I assume some basic knowledge of:

• Statistics
• Time series analysis
• Exponential Smoothing

I provide additional resources in the text as refreshers. The notebook can be found here.

Bootstrapping

The statistical technique of bootstrapping is a well-known technique for sampling your data by randomly drawing elements from your data with replacement and concatenating them into a new data set. It has several applications, such as quantifying the uncertainty (= confidence intervals) associated with a particular moment/estimator. But it can also be used to provide additional data for forecasts. I do not want to give any further explanation of bootstrapping and refer you to StatsQuest where you can find a good visual explanation of bootstrapping.

I’m currently working on a forecasting task where I want to apply bootstrapping to simulate more data for my forecasting approach. I can’t share my exact approach, but I’ll explain it using monthly alcohol sales data and an ETS model. It’s based on the approach of Bergmeir et. al [1]. A good theoretical explanation of the method can be found here and here.

There is already a great post explaining bootstrapping time series with Python and the package tsmoothie. However, in this package, the data is decomposed before bootstrapping is applied to the series, using procedures that do not meet my requirements. Since there is no other good package to my best knowledge, I created a small script that can be used to bootstrap any time series with the desired preprocessing / decomposition approach.

When we bootstrapp time series, we need to consider the autocorrelation between lagged values of our time series. We cannot randomly draw data points from our dataset, as this would lead to inconsistent samples. Künsch [2] developed a so-called moving block bootstrap (MBB) method to solve this problem.
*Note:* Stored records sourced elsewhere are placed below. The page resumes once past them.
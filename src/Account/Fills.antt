-- ===== src/Account/Fills.antt =====
-- `apply_fills` of futures_fund/account.py. The frictions of a fill are a parameter: the fee and
-- the slippage (`trade_fee` of futures_fund/costs.py on the quote value that is crossed, and
-- `estimate_slippage` of futures_fund/slippage.py) by symbol, signed quantity and mark, or a raise.
-- A mark that `float` does not read is like a missing one. What a raise leaves of the account in
-- memory is not modelled.
pub mod Filling
pub mod Proved
use gpt_market_neutral_crypt.Prelude.{
  Bool, true, false, ◌||◌, ◌&&◌, not, Option, none, some, List, [], ◌∷◌, ◌++◌, String,
  if◌then◌else◌, Outcome, value, raised, ◌>>=◌, ◌>>◌, raise_if,
}
use gpt_market_neutral_crypt.Time.{Instant}
use gpt_market_neutral_crypt.Account.{
  Arithmetic, Direction, long, short, Role, alpha, hedge, Thesis, Opening, Position, PaperAccount,
  lookup, assign, assign_thesis, absolute, signed_qty, roll_seat_lifecycle, charge_account,
  charge_position,
}
use gpt_market_neutral_crypt.Account.Reconcile.{Order, new_position, reconcile_opposite}

-- A leg of the book. `role` is `none` if the text is neither role, `alpha` if there is none; `thesis` is `none` if no field of a
-- thesis is there.
pub record Trade (R : Type 0) : Type 0 where
  pub symbol : String
  pub direction : Direction
  pub target_notional : R
  pub role : Option Role
  pub thesis : Option (Thesis R)

-- The consolidated book: the net signed notional of each symbol, the roles and the theses.
pub record Book (R : Type 0) : Type 0 where
  pub net : List (String × R)
  pub roles : List (String × Role)
  pub theses : List (String × Thesis R)

-- The keyword arguments.
pub record Execution (R : Type 0) : Type 0 where
  pub marks : List (String × R)
  pub default_ts : Instant
  pub opening : Opening
  pub targets : Option (List (String × R))
  pub times : List (String × Instant)
  pub completed : List (String × Bool)

abbrev pub or_default {ℓ} : {A : Type ℓ} → A → Option A → A
or_default d none = d
or_default d (some a) = a

abbrev pub same_role : Role → Role → Bool
same_role alpha alpha = true
same_role hedge hedge = true
same_role _ _ = false

abbrev pub same_direction : Direction → Direction → Bool
same_direction long long = true
same_direction short short = true
same_direction _ _ = false

-- The symbol takes the leg's role and thesis: any alpha leg wins, and so does the first leg.
takes_role : Role → Option Role → Bool
takes_role alpha before = true
takes_role hedge none = true
takes_role hedge (some _) = false

keep_thesis :
    {R : Type 0} → String → Option (Thesis R) → List (String × Thesis R) → List (String × Thesis R)
unfolding assign
keep_thesis sym none theses = theses
keep_thesis sym (some t) theses = assign sym t theses

module _ {R : Type 0} (n : Arithmetic R) where
  -- `math.isclose(a, b, rel_tol=rel, abs_tol=1e-12)` on finite amounts.
  pub is_close : R → R → R → Bool
  is_close rel a b =
      let larger = λ (x : R) (y : R). if n.lt x y then y else x in
      not (
        n.lt (larger (n.times rel (larger (absolute n a) (absolute n b))) n.tiny)
          (absolute n (n.minus a b)))

  consolidate_one : Trade R → Role → Book R → Book R
  unfolding lookup assign keep_thesis takes_role
  consolidate_one t role b =
      let size = absolute n t.target_notional in
      let signed = elim t.direction as (λ _. R) [
        | long ↦ n.times n.one size
        | short ↦ n.times (n.negated n.one) size
      ] in
      let netted = record b {
        net = assign t.symbol (n.plus (or_default n.nought (lookup t.symbol b.net)) signed) b.net;
      } in
      if takes_role role (lookup t.symbol b.roles)
      then record netted {
        roles = assign t.symbol role b.roles;
        theses = keep_thesis t.symbol t.thesis b.theses;
      }
      else netted

  -- The legs, consolidated by symbol.
  pub consolidate : List (Trade R) → Book R → Outcome (Book R)
  unfolding consolidate_one
  consolidate [] b = value b
  consolidate (t ∷ trades) b = elim t.role [
    | none ↦ raised
    | some role ↦ consolidate trades (consolidate_one t role b)
  ]

  -- A held symbol that is absent from the book gets the target zero.
  pub with_dropped : List (String × R) → List (String × Position R) → List (String × R)
  unfolding lookup
  with_dropped net [] = []
  with_dropped net ((sym, p) ∷ rest) =
      let later = with_dropped net rest in
      elim (lookup sym net) [ none ↦ (sym, n.nought) ∷ later | some _ ↦ later ]

  -- The order changes the lifecycle of the position: it drops, reduces or flips it, or changes its role.
  abbrev pub lifecycle_trade : Execution R → Book R → String → R → Position R → R → Bool
  lifecycle_trade x b sym notional p mark =
      let desired = n.over notional mark in
      let current = signed_qty n p in
      not (is_close n.billionth desired current)
      && (not (n.lt n.nought (n.times desired current))
          || n.lt (absolute n desired) (n.minus (absolute n current) n.tiny)
          || not (same_role (or_default p.seat_role (lookup sym b.roles)) p.seat_role))

  abbrev unproved : Execution R → Book R → String → R → Position R → R → Bool
  unproved x b sym notional p mark =
      lifecycle_trade x b sym notional p mark && not (or_default false (lookup sym x.completed))

  check_one :
      Execution R → Book R → String → R → Option (Position R) → Option R → Outcome (Unit {0})
  unfolding is_close lookup
  check_one x b sym notional (some p) (some mark) =
      raise_if (n.lt n.nought mark && unproved x b sym notional p mark)
  check_one x b sym notional _ _ = value tt

  check_lifecycles :
      Execution R → Book R → List (String × Position R) → List (String × R) → Outcome (Unit {0})
  unfolding check_one lookup
  check_lifecycles x b positions [] = value tt
  check_lifecycles x b positions ((sym, notional) ∷ net) =
      check_one x b sym notional (lookup sym positions) (lookup sym x.marks)
      >> check_lifecycles x b positions net

  covered : List (String × R) → List (String × R) → Bool
  unfolding lookup
  covered [] ys = true
  covered ((sym, _) ∷ xs) ys =
      (elim (lookup sym ys) as (λ _. Bool) [ none ↦ false | some _ ↦ true ]) && covered xs ys

  all_finite : List (String × R) → Bool
  all_finite [] = true
  all_finite ((sym, q) ∷ rest) = n.is_finite q && all_finite rest

  pub check_targets :
      Execution R
      → Book R
      → List (String × Position R)
      → Option (List (String × R))
      → Outcome (Unit {0})
  unfolding covered all_finite check_lifecycles
  check_targets x b positions none = value tt
  check_targets x b positions (some targets) = do
    raise_if (not (covered targets b.net && covered b.net targets))
    raise_if (not (all_finite targets))
    check_lifecycles x b positions b.net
In this method, the data are not drawn element by element, but rather block by block with equally sized blocks. This means, for example, that for 10 years of monthly data (= 120 data points), we randomly draw a block of n consecutive data points from the original series until the required / desired length of the new bootstrap series is reached. For annual data, a block size of 8 is common, and for monthly data, a block size of 24, i.e. 2 full years, is common. For weekday data (Monday-Friday), I personally use a block size of 20, which corresponds to 4 consecutive weeks.

Bootstrapping the original time series alone, however, does not produce the desired samples we need. We need to bootstrap the residuals of our time series and add them to the remaining part of our time series to obtain similar time series patterns as the original time series. For this approach, we use the seasonal and trend decomposition using Loess (STL) proposed by Cleveland et. al [3]. Read this if you need an explanation.

Summary of the procedure

My approach can be summarized as follows:

1. Short data exploration
2. Create a baseline model by applying an ETS(A,A,A) to the original data
3. Apply the STL to the original time series to get seasonal, trend and residuals components of the time series
4. Use the residuals to build a population matrix from which we draw randomly 20 samples / time series
5. Aggregate each residuals series with trend and seasonal component to create a new time series set
6. Compute 20 different forecasts, average it and compare it against our baseline model

Let’s go!

Practical application

First, let’s start with the data. I’m using monthly data of alcohol sales that I got from Kaggle.

Fig. 1: Monthly Data of Alcohol Sales

The figure above illustrates the data. We observe an increasing trend and variance. It is clear that this series is non- stationary. ETS models can handle this. If you need a refresher on the ETS model, here you go.

Fig. 2: Last 36 Months of the Data

Figure 2 illustrates the annual seasonality. We see relatively weak sales in January and July and relatively strong sales around May-June and December. Hence we use a seasonal parameter of 12 for the ETS model

The logarithm is used to smooth the (increasing) variance of the data. Remember to only ever apply the logarithm to the training data and not to the entire data set, as this will result in data leakage and therefore poor prediction accuracy.

Baseline model

In general, we want to predict the alcohol sales for each month of the last year of the data set. We use statsmodels to implement the ETS Model. We use the AIC, which should be minimized during the training period.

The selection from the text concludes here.